*Work to complete*
Whatever runs from the line with "-- one address record, 10.0.0.7" to the end of the records below must be copied exactly, with nothing else included.

*Supplied records*

-- ===== src/Programs/Wire.antt =====
-- What comes on the wire from `send_loop`, by what the network answers.
use hairgap.Wirehair.{Wirehair, Floating}
use hairgap.Socket.{Sender}
use hairgap.Prelude.{◌≡◌, true}

module _ (f : Floating) where
  open f use {Double, equal, zero_double}

  -- A sender without a rate.
  abbrev IsFree : Sender Double → Type 0
  IsFree hs = equal hs.hlim.byterate zero_double ≡ true
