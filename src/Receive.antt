-- ===== src/Receive.antt =====
-- The threads of src/lib/hgap_receive.c.
pub mod Decloop
pub mod Events
pub mod Stream
pub mod Transfer
pub mod Truncated
pub mod Hollow
pub mod Writer
pub mod Output
pub mod Network
pub mod Forwarding
pub mod Socket
pub mod Reader
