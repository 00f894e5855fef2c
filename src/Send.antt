-- ===== src/Send.antt =====
-- The sender of src/lib/hgap_send.c: the threads that cut the input into chunks, encode them and send
-- their packets.
pub mod Reader
pub mod Cutting
pub mod Failing
pub mod Preparing
pub mod Numbering
pub mod Sender
pub mod Groups
pub mod Rounds
pub mod Bursts
pub mod Loop
pub mod Sending
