-- ===== src/Socket/Keepalive.antt =====
-- The thread of the keepalives of src/lib/sender.c.
use hairgap.Socket.{Beat, waits, sends, Nap, seconds, micros, nap}
use hairgap.Prelude.{
  leb, zero, suc, Bool-cases, inl, inr, tests, ℕ, ◌+◌, ◌*◌, ◌≤◌, ◌<◌, List, [], ◌∷◌, arith,
}

-- The length of a wait in microseconds.
abbrev pub micros_of : Nap → ℕ
micros_of (seconds n) = 1000000 * n
micros_of (micros n) = n

-- Between two keepalives the thread waits for the period, given in milliseconds, or for less than a
-- second less.
pub nap_bounds : (k : ℕ) → (micros_of (nap k) ≤ 1000 * k) × (1000 * k < micros_of (nap k) + 1000000)
nap_bounds k = elim (Bool-cases (leb 1000 k)) [
  | inl h ↦ rw h (omega arith, omega arith)
  | inr h ↦ rw h (omega (tests, h), omega (tests, h))
]

-- `n` times a wait and then a packet.
abbrev pub alternating : ℕ → Nap → List ℕ → List Beat
alternating zero wait pkt = []
alternating (suc n) wait pkt = waits wait ∷ sends pkt ∷ alternating n wait pkt
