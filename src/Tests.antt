-- ===== src/Tests.antt =====
-- Concrete runs, and each theorem at a concrete input.
mod Toy
mod ProtoRuns
mod ChannelRuns
mod ThreadsRuns
mod EncodingRuns
mod TransferRuns
mod ReceiverRuns
mod ConfigRuns
mod DiodeRuns
mod SendRuns
mod PipelineRuns
mod LimiterRuns
mod SocketRuns
mod SessionRuns
mod CliRuns
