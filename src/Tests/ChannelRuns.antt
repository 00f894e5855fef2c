-- ===== src/Tests/ChannelRuns.antt =====
-- Runs of src/lib/channel.c.
use hairgap.Channel.{new}
use hairgap.Channel.Queue
use hairgap.Channel.Queue.{Op, put, take_one, kill, Reply, sent, got, refused, waits, killed}
use hairgap.Channel.Refine.{run, step, new_refines}
use hairgap.Prelude.{ℕ, ◌≡◌, refl, false, List, [], ◌∷◌, arith}

abbrev script : List (Op ℕ)
script =
    put 1
    ∷ put 2
    ∷ put 3
    ∷ take_one
    ∷ put 4
    ∷ take_one
    ∷ take_one
    ∷ take_one
    ∷ kill
    ∷ put 5
    ∷ take_one
    ∷ []

script_runs :
    run (new 4 2 (0 ∷ 0 ∷ 0 ∷ [])) script
    ≡ sent ∷ sent ∷ waits ∷ got 1 ∷ sent ∷ got 2 ∷ got 4 ∷ waits ∷ killed ∷ refused ∷ refused ∷ []
unfolding run step new
script_runs = refl

new_refines_example :
    run (new 4 2 (0 ∷ 0 ∷ 0 ∷ [])) script ≡ Queue.run 2 (record { items = []; dead = false }) script
new_refines_example = new_refines 4 2 (0 ∷ 0 ∷ 0 ∷ []) script (omega arith) (omega arith)
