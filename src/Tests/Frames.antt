-- ===== src/Tests/Frames.antt =====
-- Frames from the server: devices' attributes and frames that are refused.
use itertk.Base.{◌≡◌, refl, ◌++◌, [], ◌∷◌, none, some, arith}
use itertk.Client.{Client, Event}
use itertk.Client.Frame.{Cmd, decode, check_head}
use itertk.Client.Sensors.{
  set_alarmin_device_attr, make_ack_set_device_attr, make_ack_get_device_attr,
}
use itertk.Client.Sensors.Entries.{entries, Fits}
use itertk.Client.Sensors.Answers.{Stores, sensors_text}
use itertk.Client.Sensors.Overload.{set_device_attr_overload}
use itertk.Client.Dispatch.{process_frame}
use itertk.Client.Dispatch.Refused.{Wrong, frame_ignored}
use itertk.Client.Dispatch.Accepted.{
  set_device_attr_answered, get_device_attr_answered, get_alarm_status_answered,
}
use itertk.Startup.{defaults_valid}
use itertk.Tests.{frame, demo_build, demo_env, demo}

frame_ignored_example :
    process_frame demo_env (frame (0x55 ∷ 0xaa ∷ 0x03 ∷ 0x01 ∷ 2 ∷ 1 ∷ [])) 6 demo
    ≡ some (record demo { sockfd_status = 1 })
unfolding decode check_head
frame_ignored_example =
    frame_ignored demo_env (frame (0x55 ∷ 0xaa ∷ 0x03 ∷ 0x01 ∷ 2 ∷ 1 ∷ [])) 6 demo
      (Wrong.too_short Cmd.set_device_attr refl (omega arith))

set_device_attr_answered_example :
    (c' : Client) × (process_frame demo_env
        (frame (0x55 ∷ 0xaa ∷ 0x03 ∷ 0x01 ∷ 2 ∷ 1 ∷ 7 ∷ 2 ∷ 9 ∷ 0 ∷ []))
        10
        demo
      ≡ some c')
    × Fits c'.conf.sensor_io_in
    × Stores (frame (0x55 ∷ 0xaa ∷ 0x03 ∷ 0x01 ∷ 2 ∷ 1 ∷ 7 ∷ 2 ∷ 9 ∷ 0 ∷ [])) demo.conf c'.conf
    × (c'.log
        ≡ Event.written (0x55 ∷ 0xaa ∷ 0x04 ∷ 0x01 ∷ 2 ∷ 1 ∷ 7 ∷ 2 ∷ 9 ∷ 0 ∷ [])
          ∷ Event.saved c'.conf
          ∷ [])
set_device_attr_answered_example =
    set_device_attr_answered demo_env
      (frame (0x55 ∷ 0xaa ∷ 0x03 ∷ 0x01 ∷ 2 ∷ 1 ∷ 7 ∷ 2 ∷ 9 ∷ 0 ∷ [])) 10 demo
      (record { start_1 = refl; start_2 = refl; command = refl; device = refl; long = omega arith })
      (defaults_valid demo_build).0.io_in (omega arith) (omega arith)

get_device_attr_answered_example :
    (c' : Client) × (process_frame demo_env (frame (0x55 ∷ 0xaa ∷ 0x01 ∷ 0x01 ∷ 0 ∷ [])) 5 demo
      ≡ some c')
    × (c'.conf ≡ demo.conf)
    × (c'.log
        ≡ Event.written (0x55 ∷ 0xaa ∷ 0x02 ∷ 0x01 ∷ 4 ∷ (sensors_text demo.conf ++ (0 ∷ []))) ∷ [])
get_device_attr_answered_example =
    get_device_attr_answered demo_env (frame (0x55 ∷ 0xaa ∷ 0x01 ∷ 0x01 ∷ 0 ∷ [])) 5 demo
      (record { start_1 = refl; start_2 = refl; command = refl; device = refl; long = omega arith })
      (defaults_valid demo_build).0

get_alarm_status_answered_example :
    (c' : Client) × (process_frame demo_env (frame (0x55 ∷ 0xaa ∷ 0x05 ∷ 0x01 ∷ 0 ∷ [])) 5 demo
      ≡ some c')
    × (c'.conf ≡ demo.conf)
    × (c'.log
        ≡ Event.written (
            0x55
            ∷ 0xaa
            ∷ 0x06
            ∷ 0x01
            ∷ demo.conf.sensor_io_in.num
            ∷ (entries demo.conf.sensor_io_in.seq_num demo.alarm_in demo.conf.sensor_io_in.num 0
                ++ (0 ∷ [])))
          ∷ [])
get_alarm_status_answered_example =
    get_alarm_status_answered demo_env (frame (0x55 ∷ 0xaa ∷ 0x05 ∷ 0x01 ∷ 0 ∷ [])) 5 demo
      (record { start_1 = refl; start_2 = refl; command = refl; device = refl; long = omega arith })
      (defaults_valid demo_build).0.io_in refl

set_device_attr_overload_example :
    (c' : Client) × (set_alarmin_device_attr (frame (0x55 ∷ 0xaa ∷ 0x03 ∷ 0x01 ∷ 9 ∷ [])) demo
      ≡ some c')
    × (c'.log ≡ Event.saved c'.conf ∷ [])
    × (¬ Fits c'.conf.sensor_io_in)
    × (make_ack_set_device_attr c'.conf (λ k. 0) ≡ none)
    × (make_ack_get_device_attr c'.conf (λ k. 0) ≡ none)
set_device_attr_overload_example =
    set_device_attr_overload (frame (0x55 ∷ 0xaa ∷ 0x03 ∷ 0x01 ∷ 9 ∷ [])) (λ k. 0) demo
      (defaults_valid demo_build).0 (omega arith)
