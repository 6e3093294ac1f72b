-- ===== src/Tests/Names.antt =====
-- DNS queries and answers.
use itertk.Base.{◌≡◌, [], ◌∷◌, Option, some, Buf}
use itertk.Client.Dns.{Quad, resolve}
use itertk.Client.Dns.Answers.{resolve_total}
use itertk.Tests.{frame}

resolve_total_example : (r : Option Quad) × (resolve (λ k. 5) 20 100 ≡ some r)
resolve_total_example = resolve_total (λ k. 5) 20 100

-- one address record, 10.0.0.7
abbrev address : Buf
address = frame (192 ∷ 12 ∷ 0 ∷ 1 ∷ 0 ∷ 1 ∷ 0 ∷ 0 ∷ 0 ∷ 9 ∷ 0 ∷ 4 ∷ 10 ∷ 0 ∷ 0 ∷ 7 ∷ [])

-- an alias at 2 and the address of the alias at 16
abbrev alias : Buf
alias = frame (
    0 ∷ 0 ∷ 192 ∷ 12 ∷ 0 ∷ 5 ∷ 0 ∷ 1 ∷ 0 ∷ 0 ∷ 0 ∷ 9 ∷ 0 ∷ 2 ∷ 192 ∷ 12 ∷ 192 ∷ 14 ∷ 0 ∷ 1 ∷ 0 ∷ 1
    ∷ 0 ∷ 0 ∷ 0 ∷ 9 ∷ 0 ∷ 4 ∷ 10 ∷ 0 ∷ 0 ∷ 7 ∷ [])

*Answer space*
-- one address record, 10.0.0.7
abbrev address : Buf
address = frame (192 ∷ 12 ∷ 0 ∷ 1 ∷ 0 ∷ 1 ∷ 0 ∷ 0 ∷ 0 ∷ 9 ∷ 0 ∷ 4 ∷ 10 ∷ 0 ∷ 0 ∷ 7 ∷ [])

-- an alias at 2 and the address of the alias at 16
abbrev alias : Buf
alias = frame (
    0 ∷ 0 ∷ 192 ∷ 12 ∷ 0 ∷ 5 ∷ 0 ∷ 1 ∷ 0 ∷ 0 ∷ 0 ∷ 9 ∷ 0 ∷ 2 ∷ 192 ∷ 12 ∷ 192 ∷ 14 ∷ 0 ∷ 1 ∷ 0 ∷ 1
    ∷ 0 ∷ 0 ∷ 0 ∷ 9 ∷ 0 ∷ 4 ∷ 10 ∷ 0 ∷ 0 ∷ 7 ∷ [])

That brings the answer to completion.